[Stored items from a collection]
+ + +
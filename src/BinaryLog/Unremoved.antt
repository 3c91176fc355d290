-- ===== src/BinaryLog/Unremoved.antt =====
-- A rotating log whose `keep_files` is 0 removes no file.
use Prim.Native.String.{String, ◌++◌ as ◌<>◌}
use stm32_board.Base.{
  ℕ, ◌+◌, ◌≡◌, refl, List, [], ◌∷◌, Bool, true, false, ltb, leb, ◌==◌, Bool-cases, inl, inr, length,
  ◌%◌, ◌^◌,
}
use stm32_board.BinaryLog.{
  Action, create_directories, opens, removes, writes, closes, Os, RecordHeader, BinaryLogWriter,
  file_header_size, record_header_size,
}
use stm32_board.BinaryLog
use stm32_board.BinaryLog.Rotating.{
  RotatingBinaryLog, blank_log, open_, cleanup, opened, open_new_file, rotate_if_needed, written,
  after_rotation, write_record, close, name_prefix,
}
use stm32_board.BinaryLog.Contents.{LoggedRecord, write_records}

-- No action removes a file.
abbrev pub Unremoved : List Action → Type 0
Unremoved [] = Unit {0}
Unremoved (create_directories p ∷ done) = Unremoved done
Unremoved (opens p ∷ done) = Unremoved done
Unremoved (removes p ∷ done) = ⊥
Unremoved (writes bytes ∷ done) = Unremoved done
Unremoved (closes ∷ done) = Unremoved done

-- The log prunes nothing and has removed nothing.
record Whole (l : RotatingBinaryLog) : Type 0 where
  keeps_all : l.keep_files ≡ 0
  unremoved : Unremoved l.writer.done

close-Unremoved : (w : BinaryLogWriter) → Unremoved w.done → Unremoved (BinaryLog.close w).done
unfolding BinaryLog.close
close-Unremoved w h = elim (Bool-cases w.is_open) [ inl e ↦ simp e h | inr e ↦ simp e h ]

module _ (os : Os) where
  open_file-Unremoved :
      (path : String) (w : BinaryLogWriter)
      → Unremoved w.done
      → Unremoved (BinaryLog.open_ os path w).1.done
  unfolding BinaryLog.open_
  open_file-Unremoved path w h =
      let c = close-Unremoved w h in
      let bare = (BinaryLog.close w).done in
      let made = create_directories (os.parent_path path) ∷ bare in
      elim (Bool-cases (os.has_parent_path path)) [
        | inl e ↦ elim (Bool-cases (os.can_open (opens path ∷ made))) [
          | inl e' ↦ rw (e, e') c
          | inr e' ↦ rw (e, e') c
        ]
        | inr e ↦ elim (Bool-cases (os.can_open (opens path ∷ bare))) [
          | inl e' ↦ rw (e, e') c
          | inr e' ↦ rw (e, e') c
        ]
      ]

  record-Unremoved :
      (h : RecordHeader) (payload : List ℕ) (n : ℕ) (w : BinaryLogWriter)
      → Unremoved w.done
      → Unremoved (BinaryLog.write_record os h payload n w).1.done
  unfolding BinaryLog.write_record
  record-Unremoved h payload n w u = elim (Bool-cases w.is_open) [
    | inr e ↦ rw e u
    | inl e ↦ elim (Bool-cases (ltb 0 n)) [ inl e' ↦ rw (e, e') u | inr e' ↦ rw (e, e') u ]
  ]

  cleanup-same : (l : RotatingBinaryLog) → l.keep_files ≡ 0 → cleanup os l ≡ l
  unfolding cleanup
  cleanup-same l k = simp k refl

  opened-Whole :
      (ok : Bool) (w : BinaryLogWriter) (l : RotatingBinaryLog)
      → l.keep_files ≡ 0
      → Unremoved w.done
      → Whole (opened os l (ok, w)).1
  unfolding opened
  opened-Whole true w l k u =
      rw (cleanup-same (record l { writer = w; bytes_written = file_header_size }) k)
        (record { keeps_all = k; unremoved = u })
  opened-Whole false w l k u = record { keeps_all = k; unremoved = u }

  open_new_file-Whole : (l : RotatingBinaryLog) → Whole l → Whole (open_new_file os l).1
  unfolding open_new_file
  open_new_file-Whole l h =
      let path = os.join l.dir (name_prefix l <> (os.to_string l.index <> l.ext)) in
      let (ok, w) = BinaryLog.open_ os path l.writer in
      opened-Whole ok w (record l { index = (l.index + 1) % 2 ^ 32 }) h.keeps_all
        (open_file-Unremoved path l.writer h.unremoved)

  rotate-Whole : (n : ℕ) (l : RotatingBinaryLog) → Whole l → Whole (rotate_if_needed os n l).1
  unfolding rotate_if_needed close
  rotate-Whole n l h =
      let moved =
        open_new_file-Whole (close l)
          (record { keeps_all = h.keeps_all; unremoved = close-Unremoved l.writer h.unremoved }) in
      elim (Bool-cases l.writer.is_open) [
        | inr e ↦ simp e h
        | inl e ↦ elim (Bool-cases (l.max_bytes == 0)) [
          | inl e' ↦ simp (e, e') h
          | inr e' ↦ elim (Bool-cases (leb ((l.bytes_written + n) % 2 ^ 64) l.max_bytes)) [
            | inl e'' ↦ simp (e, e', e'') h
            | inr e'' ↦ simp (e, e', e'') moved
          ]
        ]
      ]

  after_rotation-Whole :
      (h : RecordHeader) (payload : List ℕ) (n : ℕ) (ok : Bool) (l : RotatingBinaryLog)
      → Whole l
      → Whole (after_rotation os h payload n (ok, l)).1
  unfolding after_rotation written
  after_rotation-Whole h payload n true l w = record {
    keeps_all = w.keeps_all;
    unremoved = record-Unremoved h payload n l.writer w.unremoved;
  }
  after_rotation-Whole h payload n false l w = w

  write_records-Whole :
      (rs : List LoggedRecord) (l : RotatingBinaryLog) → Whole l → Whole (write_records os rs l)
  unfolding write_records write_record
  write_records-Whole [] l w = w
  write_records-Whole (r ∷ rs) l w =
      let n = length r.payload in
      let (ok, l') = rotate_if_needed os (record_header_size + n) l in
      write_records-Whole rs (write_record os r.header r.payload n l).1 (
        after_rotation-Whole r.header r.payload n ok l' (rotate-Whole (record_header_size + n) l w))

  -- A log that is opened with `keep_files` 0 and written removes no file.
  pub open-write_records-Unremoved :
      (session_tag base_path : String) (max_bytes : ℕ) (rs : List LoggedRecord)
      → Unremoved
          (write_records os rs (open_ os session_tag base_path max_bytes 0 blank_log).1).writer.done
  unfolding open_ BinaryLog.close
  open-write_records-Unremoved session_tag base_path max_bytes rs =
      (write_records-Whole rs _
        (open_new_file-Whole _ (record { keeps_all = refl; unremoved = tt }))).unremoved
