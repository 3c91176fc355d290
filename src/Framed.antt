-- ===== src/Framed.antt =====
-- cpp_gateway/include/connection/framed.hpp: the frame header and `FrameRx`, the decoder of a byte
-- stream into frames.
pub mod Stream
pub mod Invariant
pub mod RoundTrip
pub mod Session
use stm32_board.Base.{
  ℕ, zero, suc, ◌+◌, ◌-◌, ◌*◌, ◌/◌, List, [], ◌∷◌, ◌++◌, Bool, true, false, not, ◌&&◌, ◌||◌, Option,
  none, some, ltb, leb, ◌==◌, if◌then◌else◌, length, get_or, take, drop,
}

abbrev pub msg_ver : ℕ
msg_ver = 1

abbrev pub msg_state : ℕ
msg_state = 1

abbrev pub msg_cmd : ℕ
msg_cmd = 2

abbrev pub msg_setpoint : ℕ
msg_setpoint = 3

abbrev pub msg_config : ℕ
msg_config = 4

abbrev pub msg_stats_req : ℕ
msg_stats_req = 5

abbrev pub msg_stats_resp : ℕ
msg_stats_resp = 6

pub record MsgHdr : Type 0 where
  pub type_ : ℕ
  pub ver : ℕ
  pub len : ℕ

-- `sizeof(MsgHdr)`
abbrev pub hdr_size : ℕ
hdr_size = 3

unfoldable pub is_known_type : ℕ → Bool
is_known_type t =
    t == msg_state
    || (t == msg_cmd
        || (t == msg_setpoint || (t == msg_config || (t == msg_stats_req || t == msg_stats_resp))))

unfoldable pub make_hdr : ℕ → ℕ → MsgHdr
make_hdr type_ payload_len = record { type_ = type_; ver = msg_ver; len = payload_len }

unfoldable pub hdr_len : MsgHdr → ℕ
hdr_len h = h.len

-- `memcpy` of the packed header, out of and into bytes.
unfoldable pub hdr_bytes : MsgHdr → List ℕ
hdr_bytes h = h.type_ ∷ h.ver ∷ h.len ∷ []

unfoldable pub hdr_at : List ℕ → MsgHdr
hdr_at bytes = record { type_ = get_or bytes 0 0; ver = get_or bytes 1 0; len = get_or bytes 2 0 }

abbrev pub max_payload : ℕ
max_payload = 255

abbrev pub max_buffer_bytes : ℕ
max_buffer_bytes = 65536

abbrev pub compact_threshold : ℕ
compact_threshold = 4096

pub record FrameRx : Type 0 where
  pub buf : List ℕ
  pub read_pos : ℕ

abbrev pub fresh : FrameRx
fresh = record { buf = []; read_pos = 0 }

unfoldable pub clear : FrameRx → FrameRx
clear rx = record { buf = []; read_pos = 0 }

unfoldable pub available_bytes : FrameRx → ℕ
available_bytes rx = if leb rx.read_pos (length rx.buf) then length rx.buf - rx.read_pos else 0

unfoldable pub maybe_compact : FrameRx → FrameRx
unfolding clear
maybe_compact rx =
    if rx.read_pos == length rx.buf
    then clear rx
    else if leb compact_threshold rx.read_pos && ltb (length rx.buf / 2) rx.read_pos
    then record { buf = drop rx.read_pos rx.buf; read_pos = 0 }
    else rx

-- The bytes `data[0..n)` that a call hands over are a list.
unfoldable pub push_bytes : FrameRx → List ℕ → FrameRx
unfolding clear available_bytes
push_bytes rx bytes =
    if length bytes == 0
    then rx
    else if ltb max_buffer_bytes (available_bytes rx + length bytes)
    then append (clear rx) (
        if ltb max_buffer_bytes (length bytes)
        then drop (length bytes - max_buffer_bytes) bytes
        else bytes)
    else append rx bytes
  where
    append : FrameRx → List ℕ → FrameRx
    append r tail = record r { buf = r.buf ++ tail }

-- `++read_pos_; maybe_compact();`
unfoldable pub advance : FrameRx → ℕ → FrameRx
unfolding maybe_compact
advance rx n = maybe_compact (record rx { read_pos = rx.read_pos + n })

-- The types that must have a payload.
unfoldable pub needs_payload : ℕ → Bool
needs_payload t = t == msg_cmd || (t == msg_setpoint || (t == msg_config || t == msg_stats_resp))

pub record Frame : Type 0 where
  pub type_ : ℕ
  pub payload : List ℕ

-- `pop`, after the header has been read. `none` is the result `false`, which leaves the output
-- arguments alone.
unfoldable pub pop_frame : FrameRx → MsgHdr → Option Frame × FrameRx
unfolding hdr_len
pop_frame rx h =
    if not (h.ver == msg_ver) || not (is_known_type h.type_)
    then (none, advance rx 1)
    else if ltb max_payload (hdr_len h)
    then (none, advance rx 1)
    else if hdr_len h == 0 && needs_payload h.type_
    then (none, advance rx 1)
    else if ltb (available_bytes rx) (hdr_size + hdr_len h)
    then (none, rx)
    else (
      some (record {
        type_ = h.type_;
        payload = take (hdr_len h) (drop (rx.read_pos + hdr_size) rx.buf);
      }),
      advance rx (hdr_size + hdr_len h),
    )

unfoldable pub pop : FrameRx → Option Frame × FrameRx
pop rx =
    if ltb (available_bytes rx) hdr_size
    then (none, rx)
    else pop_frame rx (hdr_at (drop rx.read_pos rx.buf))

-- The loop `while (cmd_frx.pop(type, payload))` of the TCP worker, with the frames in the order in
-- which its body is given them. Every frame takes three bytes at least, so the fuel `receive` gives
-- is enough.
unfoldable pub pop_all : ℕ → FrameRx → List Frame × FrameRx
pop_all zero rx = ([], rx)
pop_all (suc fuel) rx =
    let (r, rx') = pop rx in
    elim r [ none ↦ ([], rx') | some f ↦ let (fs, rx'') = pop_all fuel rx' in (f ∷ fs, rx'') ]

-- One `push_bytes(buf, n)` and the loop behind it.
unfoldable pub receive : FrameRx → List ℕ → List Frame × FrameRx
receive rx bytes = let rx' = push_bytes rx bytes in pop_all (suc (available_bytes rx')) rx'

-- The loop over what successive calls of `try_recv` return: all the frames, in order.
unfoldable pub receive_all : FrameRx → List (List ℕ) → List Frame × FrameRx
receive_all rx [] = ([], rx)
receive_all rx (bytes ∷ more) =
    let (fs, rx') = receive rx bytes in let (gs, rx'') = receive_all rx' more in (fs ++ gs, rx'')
+ + +
_Exercise_
Set down, exactly as written, each line of the data from its opening line through the one containing "Unremoved (writes bytes". Output nothing more.

_Exercise solution_
filename src/BinaryLog/Unremoved.antt
repository 3c91176fc355d290
-- ===== src/BinaryLog/Unremoved.antt =====
-- A rotating log whose `keep_files` is 0 removes no file.
use Prim.Native.String.{String, ◌++◌ as ◌<>◌}
use stm32_board.Base.{
  ℕ, ◌+◌, ◌≡◌, refl, List, [], ◌∷◌, Bool, true, false, ltb, leb, ◌==◌, Bool-cases, inl, inr, length,
  ◌%◌, ◌^◌,
}
use stm32_board.BinaryLog.{
  Action, create_directories, opens, removes, writes, closes, Os, RecordHeader, BinaryLogWriter,
  file_header_size, record_header_size,
}
use stm32_board.BinaryLog
use stm32_board.BinaryLog.Rotating.{
  RotatingBinaryLog, blank_log, open_, cleanup, opened, open_new_file, rotate_if_needed, written,
  after_rotation, write_record, close, name_prefix,
}
use stm32_board.BinaryLog.Contents.{LoggedRecord, write_records}

-- No action removes a file.
abbrev pub Unremoved : List Action → Type 0
Unremoved [] = Unit {0}
Unremoved (create_directories p ∷ done) = Unremoved done
Unremoved (opens p ∷ done) = Unremoved done
Unremoved (removes p ∷ done) = ⊥
Unremoved (writes bytes ∷ done) = Unremoved done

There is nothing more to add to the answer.